### Data records
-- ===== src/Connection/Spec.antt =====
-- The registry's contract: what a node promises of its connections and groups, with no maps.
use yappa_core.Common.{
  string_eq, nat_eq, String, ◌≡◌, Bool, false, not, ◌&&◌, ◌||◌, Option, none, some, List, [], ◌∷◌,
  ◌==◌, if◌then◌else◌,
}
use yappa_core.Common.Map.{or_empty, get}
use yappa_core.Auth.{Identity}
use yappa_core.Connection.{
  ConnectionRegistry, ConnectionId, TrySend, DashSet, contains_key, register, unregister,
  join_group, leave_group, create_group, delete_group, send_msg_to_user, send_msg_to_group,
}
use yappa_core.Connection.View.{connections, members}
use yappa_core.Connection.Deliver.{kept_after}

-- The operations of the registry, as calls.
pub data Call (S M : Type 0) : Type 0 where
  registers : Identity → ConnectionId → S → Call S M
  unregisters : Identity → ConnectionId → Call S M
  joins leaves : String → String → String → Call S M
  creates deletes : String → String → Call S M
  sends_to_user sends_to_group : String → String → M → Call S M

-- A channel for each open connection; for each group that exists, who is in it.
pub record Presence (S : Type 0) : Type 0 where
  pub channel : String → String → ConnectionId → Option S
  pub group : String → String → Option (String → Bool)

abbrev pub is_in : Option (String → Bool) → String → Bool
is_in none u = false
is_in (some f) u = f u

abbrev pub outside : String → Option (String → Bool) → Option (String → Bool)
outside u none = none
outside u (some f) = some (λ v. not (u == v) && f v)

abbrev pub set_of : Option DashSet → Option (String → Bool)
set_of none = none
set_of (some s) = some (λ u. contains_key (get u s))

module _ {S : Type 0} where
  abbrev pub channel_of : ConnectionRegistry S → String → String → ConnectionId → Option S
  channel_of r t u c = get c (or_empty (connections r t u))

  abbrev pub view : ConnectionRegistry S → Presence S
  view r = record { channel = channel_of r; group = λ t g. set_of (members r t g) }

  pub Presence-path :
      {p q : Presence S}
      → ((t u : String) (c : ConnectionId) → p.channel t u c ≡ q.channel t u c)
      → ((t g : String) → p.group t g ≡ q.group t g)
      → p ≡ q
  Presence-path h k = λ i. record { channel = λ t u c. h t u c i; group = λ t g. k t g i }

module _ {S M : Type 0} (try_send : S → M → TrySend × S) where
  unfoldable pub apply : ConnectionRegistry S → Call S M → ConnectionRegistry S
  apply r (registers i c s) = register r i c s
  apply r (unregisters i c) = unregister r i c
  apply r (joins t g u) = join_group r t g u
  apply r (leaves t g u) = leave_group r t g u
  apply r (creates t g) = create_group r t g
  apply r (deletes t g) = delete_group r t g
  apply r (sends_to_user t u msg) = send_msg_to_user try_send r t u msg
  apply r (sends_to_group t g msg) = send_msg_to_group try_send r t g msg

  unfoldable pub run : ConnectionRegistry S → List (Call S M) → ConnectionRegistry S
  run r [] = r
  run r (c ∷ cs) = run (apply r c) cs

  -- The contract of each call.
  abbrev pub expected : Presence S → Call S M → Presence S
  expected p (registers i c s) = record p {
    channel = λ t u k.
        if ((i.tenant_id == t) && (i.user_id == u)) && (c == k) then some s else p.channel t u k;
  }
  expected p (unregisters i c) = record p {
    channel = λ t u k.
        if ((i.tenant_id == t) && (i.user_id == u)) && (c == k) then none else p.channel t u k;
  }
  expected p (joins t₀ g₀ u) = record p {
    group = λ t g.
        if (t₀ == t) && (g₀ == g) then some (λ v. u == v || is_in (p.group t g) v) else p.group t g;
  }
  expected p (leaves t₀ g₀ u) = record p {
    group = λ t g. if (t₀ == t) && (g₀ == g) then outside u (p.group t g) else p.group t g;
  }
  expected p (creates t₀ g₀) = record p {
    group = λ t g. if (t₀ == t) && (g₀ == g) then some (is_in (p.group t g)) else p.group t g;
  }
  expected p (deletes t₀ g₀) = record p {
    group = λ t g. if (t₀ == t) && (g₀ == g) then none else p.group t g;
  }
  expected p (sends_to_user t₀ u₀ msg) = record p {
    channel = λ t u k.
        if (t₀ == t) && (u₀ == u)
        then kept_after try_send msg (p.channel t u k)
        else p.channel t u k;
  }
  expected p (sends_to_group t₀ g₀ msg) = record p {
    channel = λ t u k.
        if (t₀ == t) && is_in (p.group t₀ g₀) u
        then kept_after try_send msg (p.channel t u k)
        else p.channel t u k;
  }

### Assignment
Exactly as they appear, please write out the lines from the opening of the listing above down to the line containing "Presence-path h k", with both end lines included.

### Task solution
-- ===== src/Connection/Spec.antt =====
-- The registry's contract: what a node promises of its connections and groups, with no maps.
use yappa_core.Common.{
  string_eq, nat_eq, String, ◌≡◌, Bool, false, not, ◌&&◌, ◌||◌, Option, none, some, List, [], ◌∷◌,
  ◌==◌, if◌then◌else◌,
}
use yappa_core.Common.Map.{or_empty, get}
use yappa_core.Auth.{Identity}
use yappa_core.Connection.{
  ConnectionRegistry, ConnectionId, TrySend, DashSet, contains_key, register, unregister,
  join_group, leave_group, create_group, delete_group, send_msg_to_user, send_msg_to_group,
}
use yappa_core.Connection.View.{connections, members}
use yappa_core.Connection.Deliver.{kept_after}

-- The operations of the registry, as calls.
pub data Call (S M : Type 0) : Type 0 where
  registers : Identity → ConnectionId → S → Call S M
  unregisters : Identity → ConnectionId → Call S M
  joins leaves : String → String → String → Call S M
  creates deletes : String → String → Call S M
  sends_to_user sends_to_group : String → String → M → Call S M

-- A channel for each open connection; for each group that exists, who is in it.
pub record Presence (S : Type 0) : Type 0 where
  pub channel : String → String → ConnectionId → Option S
  pub group : String → String → Option (String → Bool)

abbrev pub is_in : Option (String → Bool) → String → Bool
is_in none u = false
is_in (some f) u = f u

abbrev pub outside : String → Option (String → Bool) → Option (String → Bool)
outside u none = none
outside u (some f) = some (λ v. not (u == v) && f v)

abbrev pub set_of : Option DashSet → Option (String → Bool)
set_of none = none
set_of (some s) = some (λ u. contains_key (get u s))

module _ {S : Type 0} where
  abbrev pub channel_of : ConnectionRegistry S → String → String → ConnectionId → Option S
  channel_of r t u c = get c (or_empty (connections r t u))

  abbrev pub view : ConnectionRegistry S → Presence S
  view r = record { channel = channel_of r; group = λ t g. set_of (members r t g) }

  pub Presence-path :
      {p q : Presence S}
      → ((t u : String) (c : ConnectionId) → p.channel t u c ≡ q.channel t u c)
      → ((t g : String) → p.group t g ≡ q.group t g)
      → p ≡ q
  Presence-path h k = λ i. record { channel = λ t u c. h t u c i; group = λ t g. k t g i }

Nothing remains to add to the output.